*** TASK DATA ***

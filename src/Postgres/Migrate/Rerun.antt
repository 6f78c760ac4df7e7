-- ===== src/Postgres/Migrate/Rerun.antt =====
-- Runs of the migrations behind one that has succeeded.
use fx_quotes.Prelude.{
  ◌≡◌, refl, inl, inr, true, false, List, [], ◌∷◌, ◌++◌, Option, none, some, Result, ok, err, arith,
  Bool-cases, if_both, if_cases,
}
use fx_quotes.Text.{Text, text_eq}
use fx_quotes.Text.Laws.{text_eq_refl}
use fx_quotes.Postgres.Tx.{Commit, answered, refused, unconfirmed}
use fx_quotes.Postgres.Migrate.{
  Migrated, MigrationIo, MigrateError, recorded, commit_migration, record_failed, prepare_failed,
  record_migration, run_script, apply_migration, apply_all, then_all, run_migrations, sort_strings,
}

-- All the names are recorded.
abbrev AllRecorded : List Text → List Text → Type 0
AllRecorded [] ledger = Unit
AllRecorded (name ∷ names) ledger = (recorded name ledger ≡ true) × AllRecorded names ledger

recorded-append :
    (name : Text) (ns : List Text) (n : Text)
    → recorded name ns ≡ true
    → recorded name (ns ++ n ∷ []) ≡ true
unfolding recorded
recorded-append name [] n h = ground (arith, h)
recorded-append name (m ∷ ns) n h = elim (Bool-cases (text_eq m name)) [
  | inl hit ↦ rw hit
  | inr other ↦ rw (other, recorded-append name ns n (ground (arith, h, other)))
]

recorded-last : (name : Text) (ns : List Text) → recorded name (ns ++ name ∷ []) ≡ true
unfolding recorded
recorded-last name [] = rw (text_eq_refl name)
recorded-last name (m ∷ ns) = ground (arith, recorded-last name ns)

module _ {S : Type 0} (files : Text → Option (S → Option S)) where
  -- What one file does: the ledger only grows, the file is recorded where it succeeds, and nothing
  -- changes where it was recorded.
  abbrev Grows : Text → Migrated S → Migrated S × Result MigrateError (Unit {0}) → Type 0
  Grows name db out =
      ((n : Text) → recorded n db.ledger ≡ true → recorded n out.0.ledger ≡ true)
      × (out.1 ≡ ok tt → recorded name out.0.ledger ≡ true)
      × (recorded name db.ledger ≡ true → out.0 ≡ db)

  commit_same : (commit : Commit) (db : Migrated S) → (commit_migration files commit db db).0 ≡ db
  commit_same answered db = refl
  commit_same (refused f) db = refl
  commit_same (unconfirmed f) db = refl

  commit-Grows :
      (commit : Commit) (name : Text) (db : Migrated S) (schema : S)
      → recorded name db.ledger ≡ false
      → Grows name db (
          commit_migration files commit db
            (record { ledger = db.ledger ++ name ∷ []; schema = schema }))
  commit-Grows answered name db schema fresh = (
    λ n. recorded-append n db.ledger name,
    λ _. recorded-last name db.ledger,
    λ old. cc (old, fresh),
  )
  commit-Grows (refused f) name db schema fresh =
      (λ n h. h, λ failed. cc failed, λ old. cc (old, fresh))
  commit-Grows (unconfirmed f) name db schema fresh =
      (λ n. recorded-append n db.ledger name, λ failed. cc failed, λ old. cc (old, fresh))

  run_script-Grows :
      (io : MigrationIo) (name : Text) (db : Migrated S) (script : Option (S → Option S))
      → recorded name db.ledger ≡ false
      → Grows name db (run_script files io name db script)
  run_script-Grows io name db none fresh = (λ n h. h, λ failed. cc failed, λ old. cc (old, fresh))
  run_script-Grows io name db (some sql) fresh = ran (sql db.schema)
    where
      ran : (o : Option S) → Grows name db (record_migration files io name db o)
      ran none = (λ n h. h, λ failed. cc failed, λ old. cc (old, fresh))
      ran (some schema) =
          if_both (Grows name db) io.record_fails (db, err record_failed) _
            (λ n h. h, λ failed. cc failed, λ old. cc (old, fresh))
            (commit-Grows io.commit name db schema fresh)

  apply_migration-Grows :
      (io : MigrationIo) (name : Text) (db : Migrated S)
      → Grows name db (apply_migration files io name db)
  unfolding apply_migration
  apply_migration-Grows io name db =
      if_both (Grows name db) io.prepare_fails (db, err prepare_failed) _
        (λ n h. h, λ failed. cc failed, λ _. refl)
        (if_cases (Grows name db) (recorded name db.ledger) (commit_migration files io.commit db db)
          (run_script files io name db (files name))
          (λ old.
            let same = commit_same io.commit db in (λ n h. rw same h, λ _. rw same old, λ _. same))
          (λ fresh. run_script-Grows io name db (files name) fresh))

  then_all-keeps :
      (f : Migrated S → Migrated S × Result MigrateError (Unit {0}))
      (out : Migrated S × Result MigrateError (Unit {0})) (n : Text)
      → ((db : Migrated S) → recorded n db.ledger ≡ true → recorded n (f db).0.ledger ≡ true)
      → recorded n out.0.ledger ≡ true
      → recorded n (then_all files f out).0.ledger ≡ true
  then_all-keeps f (db, ok done) n keeps h = keeps db h
  then_all-keeps f (db, err e) n keeps h = h

  apply_all-keeps :
      (io : Text → MigrationIo) (names : List Text) (n : Text) (db : Migrated S)
      → recorded n db.ledger ≡ true
      → recorded n (apply_all files io names db).0.ledger ≡ true
  unfolding apply_all
  apply_all-keeps io [] n db h = h
  apply_all-keeps io (name ∷ names) n db h =
      then_all-keeps (apply_all files io names) (apply_migration files (io name) name db) n
        (apply_all-keeps io names n) ((apply_migration-Grows (io name) name db).0 n h)

  then_all-AllRecorded :
      (io : Text → MigrationIo) (name : Text) (names : List Text)
      (out : Migrated S × Result MigrateError (Unit {0}))
      → (out.1 ≡ ok tt → recorded name out.0.ledger ≡ true)
      → ((db : Migrated S)
          → (apply_all files io names db).1 ≡ ok tt
          → AllRecorded names (apply_all files io names db).0.ledger)
      → (then_all files (apply_all files io names) out).1 ≡ ok tt
      → AllRecorded (name ∷ names) (then_all files (apply_all files io names) out).0.ledger
  then_all-AllRecorded io name names (db, ok tt) own rest h =
      (apply_all-keeps io names name db (own refl), rest db h)
  then_all-AllRecorded io name names (db, err e) own rest h = cc h

  apply_all-AllRecorded :
      (io : Text → MigrationIo) (names : List Text) (db : Migrated S)
      → (apply_all files io names db).1 ≡ ok tt
      → AllRecorded names (apply_all files io names db).0.ledger
  unfolding apply_all
  apply_all-AllRecorded io [] db h = tt
  apply_all-AllRecorded io (name ∷ names) db h =
      then_all-AllRecorded io name names (apply_migration files (io name) name db)
        (apply_migration-Grows (io name) name db).1 (apply_all-AllRecorded io names) h

  then_all-same :
      (f : Migrated S → Migrated S × Result MigrateError (Unit {0}))
      (out : Migrated S × Result MigrateError (Unit {0})) (db : Migrated S)
      → out.0 ≡ db
      → (f db).0 ≡ db
      → (then_all files f out).0 ≡ db
  then_all-same f (db', ok done) db same h = rw same h
  then_all-same f (db', err e) db same h = same

  apply_all-recorded :
      (io : Text → MigrationIo) (names : List Text) (db : Migrated S)
      → AllRecorded names db.ledger
      → (apply_all files io names db).0 ≡ db
  unfolding apply_all
  apply_all-recorded io [] db h = refl
  apply_all-recorded io (name ∷ names) db h =
      then_all-same (apply_all files io names) (apply_migration files (io name) name db) db
        ((apply_migration-Grows (io name) name db).2 h.0) (apply_all-recorded io names db h.1)

  -- Once `runMigrations` has succeeded, a later run over the same files, whatever fails in it, leaves
  -- the database and the ledger as they are.
  pub run_migrations_twice :
      (io io' : Text → MigrationIo) (names : List Text) (db : Migrated S)
      → (run_migrations files io names db).1 ≡ ok tt
      → let migrated = (run_migrations files io names db).0 in
        (run_migrations files io' names migrated).0 ≡ migrated
  unfolding run_migrations
  run_migrations_twice io io' names db h =
      let sorted = sort_strings names in
      apply_all-recorded io' sorted (apply_all files io sorted db).0
        (apply_all-AllRecorded io sorted db h)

*** End of TASK DATA ***

● **TO DO**: From the records above, pick out and copy each line holding the word "append".

● **TASK OUTPUT**:
recorded-append :
recorded-append name [] n h = ground (arith, h)
recorded-append name (m ∷ ns) n h = elim (Bool-cases (text_eq m name)) [
  | inr other ↦ rw (other, recorded-append name ns n (ground (arith, h, other)))
    λ n. recorded-append n db.ledger name,
      (λ n. recorded-append n db.ledger name, λ failed. cc failed, λ old. cc (old, fresh))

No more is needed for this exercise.